═══ DATASET RECORDS

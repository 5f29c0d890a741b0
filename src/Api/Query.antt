-- ===== src/Api/Query.antt =====
-- web/src/lib/api/hooks.ts: what a hook hands to the query library. A read has the key it is cached
-- under, the request of its `queryFn` and its `enabled` and `refetchInterval` options; a write has the
-- request of its `mutationFn` and the filters that its `onSuccess` invalidates, in order. `withFallback`
-- and `withoutSampleFallback` call their first argument, so a read's request is that argument's.
-- web/src/lib/id.ts is here too: its `isUuid` guards a read.
use Prim.Native.Char.{Char, code}
use Prim.Native.String.{[] as nil, ◌∷◌ as chars}
use tidyboard.Prelude.{
  ℕ, zero, suc, ◌+◌, Bool, true, false, ◌&&◌, ◌||◌, List, Option, none, some, String, truthy,
  if◌then◌else◌, leb, ltb, ◌==◌,
}
use tidyboard.Api.Request.{Request, api_get, Json, text}
use tidyboard.Api.Keys.{Key, Filter}

pub record Query : Type 0 where
  pub key : Key
  -- what the `queryFn` asks for; none when it answers without a request
  pub request : Option Request
  pub enabled : Bool
  -- milliseconds until the next poll
  pub refetch_interval : Option ℕ

pub record Mutation : Type 0 where
  -- what the `mutationFn` sends; none when it answers without a request
  pub request : Option Request
  pub invalidates : List Filter

abbrev pub read_if : Bool → Key → String → Query
read_if enabled key path = record {
  key = key;
  request = some (api_get path);
  enabled = enabled;
  refetch_interval = none;
}

abbrev pub read : Key → String → Query
read = read_if true

abbrev pub write : Request → List Filter → Mutation
write request filters = record { request = some request; invalidates = filters }

-- `Boolean(x)` for a text that may be undefined.
abbrev pub given : Option String → Bool
given none = false
given (some s) = truthy s

-- `${x}` for a text that may be undefined, and for a flag.
abbrev pub shown : Option String → String
shown none = "undefined"
shown (some s) = s

abbrev pub shown_flag : Bool → String
shown_flag true = "true"
shown_flag false = "false"

abbrev pub json_text : Option String → Option Json
json_text none = none
json_text (some s) = some (text s)

-- `s.length` counts the code units of UTF-16.
abbrev pub utf16_length : String → ℕ
utf16_length nil = 0
utf16_length (chars c s) = (if ltb (code c) 65536 then 1 else 2) + utf16_length s

abbrev between : ℕ → ℕ → ℕ → Bool
between low high n = leb low n && leb n high

-- `[0-9a-f]` under the flag `i`.
abbrev pub is_hex : Char → Bool
is_hex c = between 48 57 (code c) || (between 65 70 (code c) || between 97 102 (code c))

abbrev pub is_dash : Char → Bool
is_dash c = code c == 45

-- One character of a class, then the rest.
abbrev pub one : (Char → Bool) → Option String → Option String
one p none = none
one p (some nil) = none
one p (some (chars c s)) = if p c then some s else none

abbrev pub hex_run : ℕ → Option String → Option String
hex_run zero s = s
hex_run (suc n) s = hex_run n (one is_hex s)

abbrev is_end : Option String → Bool
is_end none = false
is_end (some nil) = true
is_end (some (chars _ _)) = false

-- `isUuid`
abbrev pub is_uuid : Option String → Bool
is_uuid s =
    let a = one is_dash (hex_run 8 s) in
    let b = one is_dash (hex_run 4 a) in
    let c = one is_dash (hex_run 4 b) in let d = one is_dash (hex_run 4 c) in is_end (hex_run 12 d)
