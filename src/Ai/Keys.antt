-- ===== src/Ai/Keys.antt =====
-- web/src/lib/ai/ai-keys.ts: the keys in the browser's storage, in tabs that share it; and the choice of a
-- provider by `handleAISuggest` of web/src/components/screens/recipes.tsx. Stored JSON
-- is taken for an object of texts: a key that is no text, or a value that is no object, counts as not given.
use tidyboard.Prelude.{
  Bool, true, false, List, [], ◌∷◌, ◌++◌, Option, none, some, String, if◌then◌else◌,
}
use tidyboard.Api.Query.{given}
use tidyboard.Api.Request.{Json, text, object, to_fields}
use tidyboard.Notes.{JsonCodec, get_field, text_of}
use tidyboard.Ai.{AiProvider, openai, anthropic, google}

pub record AiKeys : Type 0 where
  pub openai : Option String
  pub anthropic : Option String
  pub google : Option String

abbrev pub no_keys : AiKeys
no_keys = record { openai = none; anthropic = none; google = none }

abbrev pub keys_of : Option Json → AiKeys
keys_of (some (object fs)) = record {
  openai = text_of (get_field "openai" fs);
  anthropic = text_of (get_field "anthropic" fs);
  google = text_of (get_field "google" fs);
}
keys_of _ = no_keys

abbrev pub read_keys : (codec : JsonCodec) → Option codec.Text → AiKeys
read_keys codec none = no_keys
read_keys codec (some raw) = if codec.is_empty raw then no_keys else keys_of (codec.parse raw)

abbrev key_field : String → Option String → List (String × Json)
key_field name none = []
key_field name (some v) = (name, text v) ∷ []

abbrev pub keys_json : AiKeys → Json
keys_json k = object (
    to_fields (
      key_field "openai" k.openai
      ++ (key_field "anthropic" k.anthropic ++ key_field "google" k.google)))

abbrev pub with_key : AiProvider → Option String → AiKeys → AiKeys
with_key openai v k = record { openai = v; anthropic = k.anthropic; google = k.google }
with_key anthropic v k = record { openai = k.openai; anthropic = v; google = k.google }
with_key google v k = record { openai = k.openai; anthropic = k.anthropic; google = v }

pub data KeyChange : Type 0 where
  set_key : AiProvider → String → KeyChange
  clear_key : AiProvider → KeyChange
  clear_all : KeyChange

-- The keys that a change makes of those before.
abbrev pub changed : KeyChange → AiKeys → AiKeys
changed (set_key p v) k = with_key p (some v) k
changed (clear_key p) k = with_key p none k
changed clear_all k = no_keys

abbrev pub key_of : AiProvider → AiKeys → Option String
key_of openai k = k.openai
key_of anthropic k = k.anthropic
key_of google k = k.google

-- The provider that `handleAISuggest` takes.
abbrev pub first_configured : AiKeys → Option AiProvider
first_configured k =
    if given k.openai
    then some openai
    else if given k.anthropic
    then some anthropic
    else if given k.google
    then some google
    else none

pub data TabEvent : Type 0 where
  -- a change in the first tab or in the second
  in_one in_two : KeyChange → TabEvent
  -- `onStorage` in either
  hears_one hears_two : TabEvent

module _ (codec : JsonCodec) where
  -- Two tabs, with the keys that each shows and whether a storage event is on its way to it.
  pub record Tabs : Type 0 where
    pub stored : Option codec.Text
    pub one : AiKeys
    pub two : AiKeys
    pub told_one : Bool
    pub told_two : Bool

  -- What a change leaves in the storage.
  abbrev pub stored_after : KeyChange → AiKeys → Option codec.Text
  stored_after (set_key p v) k = some (codec.stringify (keys_json (with_key p (some v) k)))
  stored_after (clear_key p) k = some (codec.stringify (keys_json (with_key p none k)))
  stored_after clear_all k = none

  -- The browser tells the other tab; a write that leaves the storage as it was counts as a change too.
  abbrev pub tab_step : Tabs → TabEvent → Tabs
  tab_step s (in_one c) = record {
    stored = stored_after c s.one;
    one = changed c s.one;
    two = s.two;
    told_one = s.told_one;
    told_two = true;
  }
  tab_step s (in_two c) = record {
    stored = stored_after c s.two;
    one = s.one;
    two = changed c s.two;
    told_one = true;
    told_two = s.told_two;
  }
  tab_step s hears_one =
      if s.told_one
      then record {
        stored = s.stored;
        one = read_keys codec s.stored;
        two = s.two;
        told_one = false;
        told_two = s.told_two;
      }
      else s
  tab_step s hears_two =
      if s.told_two
      then record {
        stored = s.stored;
        one = s.one;
        two = read_keys codec s.stored;
        told_one = s.told_one;
        told_two = false;
      }
      else s

  abbrev pub tab_run : Tabs → List TabEvent → Tabs
  tab_run s [] = s
  tab_run s (e ∷ es) = tab_run (tab_step s e) es

  -- Two tabs that are opened on what is stored.
  abbrev pub opened : Option codec.Text → Tabs
  opened stored = record {
    stored = stored;
    one = read_keys codec stored;
    two = read_keys codec stored;
    told_one = false;
    told_two = false;
  }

══════

= TASK =
Retype the entries exactly from the first line, stopping after the line with "-- request of".

= ANSWER FOR THIS EXERCISE =
repository 5f29c0d890a741b0
filename src/Api/Query.antt
-- ===== src/Api/Query.antt =====
-- web/src/lib/api/hooks.ts: what a hook hands to the query library. A read has the key it is cached
-- under, the request of its `queryFn` and its `enabled` and `refetchInterval` options; a write has the
-- request of its `mutationFn` and the filters that its `onSuccess` invalidates, in order. `withFallback`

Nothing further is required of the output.